A generalization of sumsets modulo a prime

TL;DR

This paper extends the understanding of generalized sumsets by establishing lower bounds for their sizes in modular arithmetic over prime fields and revisiting classical results in the integers.

Contribution

It generalizes known results from integers to prime modular groups, providing new bounds and proofs for sumset structures and sizes.

Findings

Lower bounds for |h^{(r)}A| in prime modular groups

Structural characterization of sumsets with minimal size

New proofs for sumset problems in integers

Abstract

Let $A$ be a set in an abelian group $G$. For integers $h,r \geq 1$ the generalized $h$-fold sumset, denoted by $h^{(r)}A$, is the set of sums of $h$ elements of $A$, where each element appears in the sum at most $r$ times.

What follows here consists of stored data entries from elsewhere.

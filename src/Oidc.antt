-- ===== src/Oidc.antt =====
-- libraries/dbal/production/src/oidc/tokens: refresh tokens and authorization codes over the entity
-- client.
pub mod Client
pub mod RefreshTokens
pub mod AuthCodes
pub mod Scopes
pub mod Pkce
pub mod Clients
pub mod Service
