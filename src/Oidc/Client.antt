-- ===== src/Oidc/Client.antt =====
-- libraries/dbal/production/src/oidc/tokens: the calls of dbal::Client that the stores of tokens
-- make. The client passes them to a database adapter, so it is a parameter, with its documented
-- behaviour on a database that answers as hypotheses.
pub mod Memory
pub mod Rows
use dbal.Prelude.{
  ℕ, String, ◌≡◌, Bool, true, false, is_empty, List, [], ◌∷◌, ◌++◌, map, str_eq, if◌then◌else◌,
  take, Member,
}
use dbal.Result.{Result, ok, is_ok}
use dbal.Listing.{filter_list}

-- The rows of one kind of entity: the text fields by which they are listed, and the times that are
-- written into them.
pub record Schema (Row : Type 0) : Type 0 where
  pub id : Row → String
  pub field : String → Row → String
  pub assign : String → ℕ → Row → Row
  pub with_id : String → Row → Row

pub record Client (Row : Type 0) : Type 1 where
  pub State : Type 0
  pub list_entities : String → String → ℕ → State → Result (List Row)
  pub get_entity : String → State → Result Row
  pub create_entity : Row → State → Result Row × State
  pub update_entity : String → String → ℕ → State → Result Row × State

-- `field` of the row is `value`.
abbrev pub matches : {Row : Type 0} → Schema Row → String → String → Row → Bool
matches schema field value r = str_eq (schema.field field r) value

-- The row with the id has the time in the field, and each other row is as it was.
abbrev pub assigned : {Row : Type 0} → Schema Row → String → String → ℕ → Row → Row
assigned schema id field time r = if str_eq (schema.id r) id then schema.assign field time r else r

-- `rows` are the rows that the database holds, in the order in which it lists them.
pub record IsLawful {Row : Type 0} (schema : Schema Row) (c : Client Row)
    (rows : c.State → List Row) : Type 0 where
  -- A list holds the rows that the filter passes, up to the limit.
  pub lists :
      (field value : String) (limit : ℕ) (s : c.State)
      → c.list_entities field value limit s
        ≡ ok (take limit (filter_list (matches schema field value) (rows s)))
  -- What is got for an id is a row with that id.
  pub gets :
      (id : String) (s : c.State) (r : Row)
      → c.get_entity id s ≡ ok r
      → Member r (rows s) × (schema.id r ≡ id)
  -- A creation adds the row under an id that is not empty, and returns it.
  pub creates :
      (r : Row) (s : c.State)
      → (id : String) × (is_empty id ≡ false)
        × ((c.create_entity r s).0 ≡ ok (schema.with_id id r))
        × (rows (c.create_entity r s).1 ≡ rows s ++ schema.with_id id r ∷ [])
  -- An update writes the field of the row with the id, and fails only if there is none.
  pub updates :
      (id field : String) (time : ℕ) (s : c.State)
      → rows (c.update_entity id field time s).1 ≡ map (assigned schema id field time) (rows s)
  pub finds :
      (r : Row) (field : String) (time : ℕ) (s : c.State)
      → Member r (rows s)
      → is_ok (c.update_entity (schema.id r) field time s).0 ≡ true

If $G=\mathbb{Z}$ lower bounds for $|h^{(r)}A|$ are known, as well as the structure of the sets of integers for which $|h^{(r)}A|$ is minimal. In this paper we generalize this result by giving a lower bound for $|h^{(r)}A|$ when $G=\mathbb{Z}/p\mathbb{Z}$ for a prime $p$, and show new proofs for the direct and inverse problems in $\mathbb{Z}$.